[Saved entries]
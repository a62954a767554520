-- ===== src/Proxy/Upstream/Admits.antt =====
-- When an upstream takes a request, said of its fields: what `tryAcquire` of internal/proxy/upstream.go decides
-- with its health checks and its breaker.
use go_mini_gateway.Common.{◌≤◌, ◌<◌, ◌≡◌, ◌↔◌, refl, ap, Time, true, Option, none, some, arith}
use mathlib.Core.Option
use go_mini_gateway.Health.Checker as ActiveHealth
use go_mini_gateway.Health.Checker.{Checker}
use go_mini_gateway.Proxy.Passive
use go_mini_gateway.Proxy.Passive.{PassiveHealth}
use go_mini_gateway.Proxy.Breaker
use go_mini_gateway.Proxy.Breaker.{CircuitBreaker, CircuitState, closed, opened, half_open, other}
use go_mini_gateway.Proxy.Upstream.{Upstream, passive_ok, ask_breaker, try_acquire}

-- A checker that has checked found the upstream healthy.
abbrev pub IsChecked : Option Checker → Type 0
IsChecked none = Unit
IsChecked (some c) = c.checked ≡ true → c.healthy ≡ true

-- An upstream that was taken for unhealthy by its answers may be tried again.
abbrev pub IsRetried : Option PassiveHealth → Time → Type 0
IsRetried none now = Unit
IsRetried (some s) now = s.unhealthy ≡ true → s.retry_after ≤ now

-- A closed breaker lets requests in; an open one from its next attempt on, and a half-open one while a slot is
-- free. A state of another name lets them in.
abbrev pub LetsIn : CircuitState → CircuitBreaker → Time → Type 0
LetsIn closed c now = Unit
LetsIn opened c now = (c.next_attempt_at ≤ now) × (0 < c.half_open_max_requests)
LetsIn half_open c now = c.half_open_in_flight < c.half_open_max_requests
LetsIn (other _) c now = Unit

abbrev pub BreakerLetsIn : Option CircuitBreaker → Time → Type 0
BreakerLetsIn none now = Unit
BreakerLetsIn (some c) now = LetsIn c.state c now

pub record Admits (u : Upstream) (now : Time) : Type 0 where
  pub checked : IsChecked u.active_health
  pub retried : IsRetried u.passive_health now
  pub breaker : BreakerLetsIn u.circuit_breaker now

available_iff : (o : Option Checker) → (ActiveHealth.available o ≡ true) ↔ IsChecked o
unfolding ActiveHealth.available
available_iff none = (λ _. tt, λ _. refl)
available_iff (some c) = (λ h e. ground arith, λ h. ground (arith, h))

passive_ok_iff :
    (o : Option PassiveHealth) (now : Time) → (passive_ok o now ≡ true) ↔ IsRetried o now
unfolding passive_ok Passive.available
passive_ok_iff none now = (λ _. tt, λ _. refl)
passive_ok_iff (some s) now = (λ h e. ground arith, λ h. ground (arith, h))

allow_iff :
    (s : CircuitState) (c : CircuitBreaker) (now : Time)
    → c.state ≡ s
    → ((Breaker.allow c now).1 ≡ true) ↔ LetsIn s c now
unfolding Breaker.allow
allow_iff closed c now e = (λ _. tt, λ _. rw e refl)
allow_iff opened c now e = (λ h. ground arith, λ h. ground arith)
allow_iff half_open c now e = (λ h. ground arith, λ h. ground arith)
allow_iff (other t) c now e = (λ _. tt, λ _. rw e refl)

-- What the upstream is behind the question to its breaker.
abbrev pub asked : Upstream → Time → Upstream
asked u now = record u {
  circuit_breaker = Option.map (λ c. (Breaker.allow c now).0) u.circuit_breaker;
}

ask_breaker_iff :
    (u : Upstream) (o : Option CircuitBreaker) (now : Time)
    → ((ask_breaker u o now).1 ≡ true) ↔ BreakerLetsIn o now
unfolding ask_breaker
ask_breaker_iff u none now = (λ _. tt, λ _. refl)
ask_breaker_iff u (some c) now = allow_iff c.state c now refl

ask_breaker_asked :
    (u : Upstream) (o : Option CircuitBreaker) (now : Time)
    → u.circuit_breaker ≡ o
    → (ask_breaker u o now).0
      ≡ record u { circuit_breaker = Option.map (λ c. (Breaker.allow c now).0) o }
unfolding ask_breaker
ask_breaker_asked u none now e = ap (λ b. record u { circuit_breaker = b }) e
ask_breaker_asked u (some c) now e = refl

-- An upstream accepts a request exactly when its health checks and its breaker let it in.
pub try_acquire_iff : (u : Upstream) (now : Time) → ((try_acquire u now).1 ≡ true) ↔ Admits u now
unfolding try_acquire
try_acquire_iff u now = (
  λ h.
      let a : ActiveHealth.available u.active_health ≡ true = ground arith in
      let p : passive_ok u.passive_health now ≡ true = ground arith in
      let b : (ask_breaker u u.circuit_breaker now).1 ≡ true = ground arith in
      record {
        checked = (available_iff u.active_health).0 a;
        retried = (passive_ok_iff u.passive_health now).0 p;
        breaker = (ask_breaker_iff u u.circuit_breaker now).0 b;
      },
  λ h.
      let a = (available_iff u.active_health).1 h.checked in
      let p = (passive_ok_iff u.passive_health now).1 h.retried in
      let b = (ask_breaker_iff u u.circuit_breaker now).1 h.breaker in ground arith,
)

-- It is then changed by the question to its breaker alone.
pub try_acquire_asked :
    (u : Upstream) (now : Time) → (try_acquire u now).1 ≡ true → (try_acquire u now).0 ≡ asked u now
unfolding try_acquire
try_acquire_asked u now h = ground (arith, ask_breaker_asked u u.circuit_breaker now refl)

» EXERCISE PROMPT
Return exactly what appears above, from the first line of the entries to the line with "unfolding ActiveHealth.available", inclusive.

» EXERCISE RESULT
repository a62954a767554520
-- ===== src/Proxy/Upstream/Admits.antt =====
-- When an upstream takes a request, said of its fields: what `tryAcquire` of internal/proxy/upstream.go decides
-- with its health checks and its breaker.
use go_mini_gateway.Common.{◌≤◌, ◌<◌, ◌≡◌, ◌↔◌, refl, ap, Time, true, Option, none, some, arith}
use mathlib.Core.Option
use go_mini_gateway.Health.Checker as ActiveHealth
use go_mini_gateway.Health.Checker.{Checker}
use go_mini_gateway.Proxy.Passive
use go_mini_gateway.Proxy.Passive.{PassiveHealth}
use go_mini_gateway.Proxy.Breaker
use go_mini_gateway.Proxy.Breaker.{CircuitBreaker, CircuitState, closed, opened, half_open, other}
use go_mini_gateway.Proxy.Upstream.{Upstream, passive_ok, ask_breaker, try_acquire}

-- A checker that has checked found the upstream healthy.
abbrev pub IsChecked : Option Checker → Type 0
IsChecked none = Unit
IsChecked (some c) = c.checked ≡ true → c.healthy ≡ true

-- An upstream that was taken for unhealthy by its answers may be tried again.
abbrev pub IsRetried : Option PassiveHealth → Time → Type 0
IsRetried none now = Unit
IsRetried (some s) now = s.unhealthy ≡ true → s.retry_after ≤ now

-- A closed breaker lets requests in; an open one from its next attempt on, and a half-open one while a slot is
-- free. A state of another name lets them in.
abbrev pub LetsIn : CircuitState → CircuitBreaker → Time → Type 0
LetsIn closed c now = Unit
LetsIn opened c now = (c.next_attempt_at ≤ now) × (0 < c.half_open_max_requests)
LetsIn half_open c now = c.half_open_in_flight < c.half_open_max_requests
LetsIn (other _) c now = Unit

abbrev pub BreakerLetsIn : Option CircuitBreaker → Time → Type 0
BreakerLetsIn none now = Unit
BreakerLetsIn (some c) now = LetsIn c.state c now

pub record Admits (u : Upstream) (now : Time) : Type 0 where
  pub checked : IsChecked u.active_health
  pub retried : IsRetried u.passive_health now
  pub breaker : BreakerLetsIn u.circuit_breaker now

available_iff : (o : Option Checker) → (ActiveHealth.available o ≡ true) ↔ IsChecked o
unfolding ActiveHealth.available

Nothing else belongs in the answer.